> AIM OF THE TASK
Below is a block of entries; repeat exactly the lines starting at the line that contains "do_arrival_pre_traversal-Both v u" and ending at the line that contains "(hold.required_pre_traverse_node tg tc)", both included.
── PROVIDED DATA ──
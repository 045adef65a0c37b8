-- ===== src/Result/Pairs.antt =====
-- A run that does the work of two: where both return, it returns what is related to both values.
use tatum.Prelude.{◌≡◌, subst, List, [], ◌∷◌}
use tatum.Result.{Result, Fault, ok, err, for_each, ◌>>=◌}
use tatum.Result.Ends.{Returns}

module _ {A B C : Type 0} where
  abbrev pub Both : (A → B → C → Type 0) → Result A → Result B → Result C → Type 0
  Both R (err fault) right run = Unit {0}
  Both R (ok a) (err fault) run = Unit {0}
  Both R (ok a) (ok b) run = Returns (R a b) run

  Both-err :
      (R : A → B → C → Type 0) (left : Result A) (fault : Fault) (run : Result C)
      → Both R left (err fault) run
  Both-err R (err other) fault run = tt
  Both-err R (ok a) fault run = tt

  pub Both→Returns :
      (R : A → B → C → Type 0) (left : Result A) (right : Result B) (run : Result C) (a : A) (b : B)
      → Both R left right run
      → left ≡ ok a
      → right ≡ ok b
      → Returns (R a b) run
  Both→Returns R left right run a b h l r =
      subst (λ x. Both R (ok a) x run) r (subst (λ x. Both R x right run) l h)

module _ {A B C A' B' C' : Type 0} where
  pub Both-bind :
      (R : A → B → C → Type 0) (R' : A' → B' → C' → Type 0) (left : Result A) (right : Result B)
      (run : Result C) (next : A → Result A') (next' : B → Result B') (then : C → Result C')
      → Both R left right run
      → ((a : A) (b : B) (c : C) → R a b c → Both R' (next a) (next' b) (then c))
      → Both R' (left >>= next) (right >>= next') (run >>= then)
  Both-bind R R' (err fault) right run next next' then h k = tt
  Both-bind R R' (ok a) (err fault) run next next' then h k =
      Both-err R' (next a) fault (run >>= then)
  Both-bind R R' (ok a) (ok b) (err fault) next next' then h k = absurd h
  Both-bind R R' (ok a) (ok b) (ok c) next next' then h k = k a b c h

module _ {X A B C : Type 0} where
  -- The three begin in the same way.
  pub Both-same :
      (R : A → B → C → Type 0) (first : Result X) (next : X → Result A) (next' : X → Result B)
      (then : X → Result C)
      → ((x : X) → Both R (next x) (next' x) (then x))
      → Both R (first >>= next) (first >>= next') (first >>= then)
  Both-same R (err fault) next next' then k = tt
  Both-same R (ok x) next next' then k = k x

module _ {X A B C : Type 0} where
  pub Both-for_each :
      (R : A → B → C → Type 0) (xs : List X) (a : A) (b : B) (c : C) (body : X → A → Result A)
      (body' : X → B → Result B) (run : X → C → Result C)
      → R a b c
      → ((x : X) (a' : A) (b' : B) (c' : C)
          → R a' b' c'
          → Both R (body x a') (body' x b') (run x c'))
      → Both R (for_each xs a body) (for_each xs b body') (for_each xs c run)
  unfolding for_each
  Both-for_each R [] a b c body body' run h k = h
  Both-for_each R (x ∷ xs) a b c body body' run h k =
      Both-bind R R (body x a) (body' x b) (run x c) _ _ _ (k x a b c h)
        (λ a' b' c' h'. Both-for_each R xs a' b' c' body body' run h' k)
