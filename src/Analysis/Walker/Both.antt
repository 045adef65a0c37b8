-- ===== src/Analysis/Walker/Both.antt =====
-- SetupHoldAnalysis of libtatum/tatum/graph_visitors/ with the walker of graph_walkers/SerialWalker.hpp:
-- one pass for two analyses.
use mathlib.Core.List.{reverse}
use tatum.Prelude.{ℕ, Bool, ◌||◌, ◌≡◌, refl, sym, subst, List, [], ◌∷◌}
use tatum.Result.{Result, ok, err, ◌>>=◌, for_each}
use tatum.Result.Pairs.{Both, Both-bind, Both-same, Both-for_each}
use tatum.Time.{Float}
use tatum.Graph.{TimingGraph, NodeId, LevelId, levels, level_nodes, logical_outputs}
use tatum.Constraints.{TimingConstraints}
use tatum.Analysis.{DelayCalculator}
use tatum.Analysis.Visitor.{GraphVisitor, both_visitors, reset_both, traverse_both}
use tatum.Analysis.Walker.{
  Walk, each_node, count_unconstrained, first_level, each_level, do_arrival_pre_traversal,
  do_required_pre_traversal, do_arrival_traversal, do_required_traversal, do_update_slack, do_reset,
  update_timing,
}

module _ (F : Float) {S T : Type 0} where
  -- The state of both analyses, alone and after what a node returns.
  abbrev Paired : S → T → S × T → Type 0
  Paired s t p = p ≡ (s, t)

  abbrev PairedAfter : {A B C : Type 0} → A × S → B × T → C × (S × T) → Type 0
  PairedAfter a b c = Paired a.1 b.1 c.1

  one_then_other :
      (setup : Result S) (hold : Result T)
      → Both Paired setup hold (setup >>= λ s. hold >>= λ t. ok (s, t))
  one_then_other (err fault) hold = tt
  one_then_other (ok s) (err fault) = tt
  one_then_other (ok s) (ok t) = refl

  one_then_other_after :
      (setup : Result (Bool × S)) (hold : Result (Bool × T))
      → Both PairedAfter setup hold (setup >>= λ s. hold >>= λ t. ok (s.0 || t.0, (s.1, t.1)))
  one_then_other_after (err fault) hold = tt
  one_then_other_after (ok s) (err fault) = tt
  one_then_other_after (ok s) (ok t) = refl

  reset-Both :
      (setup : S → Result S) (hold : T → Result T) (s : S) (t : T) (p : S × T)
      → Paired s t p
      → Both Paired (setup s) (hold t) (reset_both F setup hold p)
  reset-Both setup hold s t p h =
      subst (λ q. Both Paired (setup s) (hold t) (reset_both F setup hold q)) (sym h)
        (one_then_other (setup s) (hold t))

  traverse-Both :
      (setup : S → Result (Bool × S)) (hold : T → Result (Bool × T)) (s : S) (t : T) (p : S × T)
      → Paired s t p
      → Both PairedAfter (setup s) (hold t) (traverse_both F setup hold p)
  traverse-Both setup hold s t p h =
      subst (λ q. Both PairedAfter (setup s) (hold t) (traverse_both F setup hold q)) (sym h)
        (one_then_other_after (setup s) (hold t))

  -- A loop on nodes, given the runs of a node in both analyses.
  module _ (setup : NodeId → S → Result (Bool × S)) (hold : NodeId → T → Result (Bool × T)) where
    each_node-Both :
        (nodes : List NodeId) (s : S) (t : T) (p : S × T)
        → Paired s t p
        → Both Paired
            (each_node nodes setup s)
            (each_node nodes hold t)
            (each_node nodes (λ id. traverse_both F (setup id) (hold id)) p)
    unfolding each_node
    each_node-Both nodes s t p h = Both-for_each Paired nodes s t p _ _ _ h (λ id a b c paired.
        Both-bind PairedAfter Paired (setup id a) (hold id b) _ _ _ _
          (traverse-Both (setup id) (hold id) a b c paired) (λ a' b' c' h'. h'))

    count_unconstrained-Both :
        (nodes : List NodeId) (k l m : ℕ) (s : S) (t : T) (p : S × T)
        → Paired s t p
        → Both PairedAfter
            (count_unconstrained setup nodes k s)
            (count_unconstrained hold nodes l t)
            (count_unconstrained (λ id. traverse_both F (setup id) (hold id)) nodes m p)
    unfolding count_unconstrained
    count_unconstrained-Both [] k l m s t p h = h
    count_unconstrained-Both (id ∷ ids) k l m s t p h =
        Both-bind PairedAfter PairedAfter (setup id s) (hold id t) _ _ _ _
          (traverse-Both (setup id) (hold id) s t p h)
          (λ a b c h'. count_unconstrained-Both ids _ _ _ a.1 b.1 c.1 h')

  module _ (setup : GraphVisitor F S) (hold : GraphVisitor F T) (tg : TimingGraph) where
    abbrev pub together : GraphVisitor F (S × T)
    together = both_visitors F setup hold

    each_level-Both :
        (run : NodeId → S → Result (Bool × S)) (run' : NodeId → T → Result (Bool × T))
        (ls : List LevelId) (s : S) (t : T) (p : S × T)
        → Paired s t p
        → Both Paired
            (each_level F setup tg ls run s)
            (each_level F hold tg ls run' t)
            (each_level F together tg ls (λ id. traverse_both F (run id) (run' id)) p)
    unfolding each_level
    each_level-Both run run' ls s t p h =
        Both-for_each Paired ls s t p _ _ _ h (λ level a b c paired.
          Both-same Paired (level_nodes tg level) _ _ _
            (λ nodes. each_node-Both run run' nodes a b c paired))

    do_reset-Both :
        (s : S) (t : T) (p : S × T)
        → Paired s t p
        → Both Paired (do_reset F setup tg s) (do_reset F hold tg t) (do_reset F together tg p)
    unfolding do_reset
    do_reset-Both s t p h =
        Both-bind Paired Paired (for_each tg.node_ids s setup.reset_node)
          (for_each tg.node_ids t hold.reset_node) _ _ _ _
          (Both-for_each Paired tg.node_ids s t p _ _ _ h
            (λ id a b c paired. reset-Both (setup.reset_node id) (hold.reset_node id) a b c paired))
          (λ a b c h'. Both-for_each Paired tg.edge_ids a b c _ _ _ h' (λ id a' b' c' paired.
            reset-Both (setup.reset_edge id) (hold.reset_edge id) a' b' c' paired))

    -- The tables of two walkers, in one.
    abbrev pub Joint : Walk S → Walk T → Walk (S × T) → Type 0
    Joint v u w = Paired v.tables u.tables w.tables

    module _ (tc : TimingConstraints F) where
      do_arrival_pre_traversal-Both :
          (v : Walk S) (u : Walk T) (w : Walk (S × T))
          → Joint v u w
          → Both Joint
              (do_arrival_pre_traversal F setup tg tc v)
              (do_arrival_pre_traversal F hold tg tc u)
              (do_arrival_pre_traversal F together tg tc w)
      unfolding do_arrival_pre_traversal
      do_arrival_pre_traversal-Both v u w h = Both-same Joint (levels tg) _ _ _ (λ ls.
          Both-same Joint (first_level ls) _ _ _ (λ first.
            Both-same Joint (level_nodes tg first) _ _ _ (λ nodes.
              Both-bind PairedAfter Joint _ _ _ _ _ _
                (count_unconstrained-Both (setup.arrival_pre_traverse_node tg tc)
                  (hold.arrival_pre_traverse_node tg tc) nodes 0 0 0 v.tables u.tables w.tables h)
                (λ a b c h'. h'))))

      do_required_pre_traversal-Both :
          (v : Walk S) (u : Walk T) (w : Walk (S × T))
          → Joint v u w
          → Both Joint
              (do_required_pre_traversal F setup tg tc v)
              (do_required_pre_traversal F hold tg tc u)
              (do_required_pre_traversal F together tg tc w)
      unfolding do_required_pre_traversal
      do_required_pre_traversal-Both v u w h = Both-same Joint (logical_outputs tg) _ _ _ (λ nodes.
          Both-bind PairedAfter Joint _ _ _ _ _ _
            (count_unconstrained-Both (setup.required_pre_traverse_node tg tc)
              (hold.required_pre_traverse_node tg tc) nodes 0 0 0 v.tables u.tables w.tables h)
            (λ a b c h'. h'))

      module _ (dc : DelayCalculator F) where
        pub update_timing-Joint :
            (v : Walk S) (u : Walk T) (w : Walk (S × T))
            → Joint v u w
            → Both Joint
                (update_timing F setup tg tc dc v)
                (update_timing F hold tg tc dc u)
                (update_timing F together tg tc dc w)
        unfolding update_timing do_arrival_traversal do_required_traversal do_update_slack
        update_timing-Joint v u w h =
            Both-bind Paired Joint _ _ _ _ _ _ (do_reset-Both v.tables u.tables w.tables h)
              (λ a b c h1.
                Both-bind Joint Joint _ _ _ _ _ _
                  (do_arrival_pre_traversal-Both (record v { tables = a }) (record u { tables = b })
                    (record w { tables = c }) h1)
                  (λ v1 u1 w1 h2.
                    Both-bind Paired Joint _ _ _ _ _ _
                      (Both-same Paired (levels tg) _ _ _ (λ ls.
                        each_level-Both (setup.arrival_traverse_node tg tc dc)
                          (hold.arrival_traverse_node tg tc dc) ls v1.tables u1.tables w1.tables
                          h2))
                      (λ a' b' c' h3.
                        Both-bind Joint Joint _ _ _ _ _ _
                          (do_required_pre_traversal-Both (record v1 { tables = a' })
                            (record u1 { tables = b' }) (record w1 { tables = c' }) h3)
                          (λ v2 u2 w2 h4.
                            Both-bind Paired Joint _ _ _ _ _ _
                              (Both-same Paired (levels tg) _ _ _ (λ ls.
                                each_level-Both (setup.required_traverse_node tg tc dc)
                                  (hold.required_traverse_node tg tc dc) (reverse ls) v2.tables
                                  u2.tables w2.tables h4))
                              (λ a'' b'' c'' h5.
                                Both-bind Paired Joint _ _ _ _ _ _
                                  (each_node-Both (setup.slack_traverse_node tg dc)
                                    (hold.slack_traverse_node tg dc) tg.node_ids a'' b'' c'' h5)
                                  (λ a3 b3 c3 h6. h6))))))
───
> ANSWER TO THE PROBLEM
      do_arrival_pre_traversal-Both v u w h = Both-same Joint (levels tg) _ _ _ (λ ls.
          Both-same Joint (first_level ls) _ _ _ (λ first.
            Both-same Joint (level_nodes tg first) _ _ _ (λ nodes.
              Both-bind PairedAfter Joint _ _ _ _ _ _
                (count_unconstrained-Both (setup.arrival_pre_traverse_node tg tc)
                  (hold.arrival_pre_traverse_node tg tc) nodes 0 0 0 v.tables u.tables w.tables h)
                (λ a b c h'. h'))))

      do_required_pre_traversal-Both :
          (v : Walk S) (u : Walk T) (w : Walk (S × T))
          → Joint v u w
          → Both Joint
              (do_required_pre_traversal F setup tg tc v)
              (do_required_pre_traversal F hold tg tc u)
              (do_required_pre_traversal F together tg tc w)
      unfolding do_required_pre_traversal
      do_required_pre_traversal-Both v u w h = Both-same Joint (logical_outputs tg) _ _ _ (λ nodes.
          Both-bind PairedAfter Joint _ _ _ _ _ _
            (count_unconstrained-Both (setup.required_pre_traverse_node tg tc)
              (hold.required_pre_traverse_node tg tc) nodes 0 0 0 v.tables u.tables w.tables h)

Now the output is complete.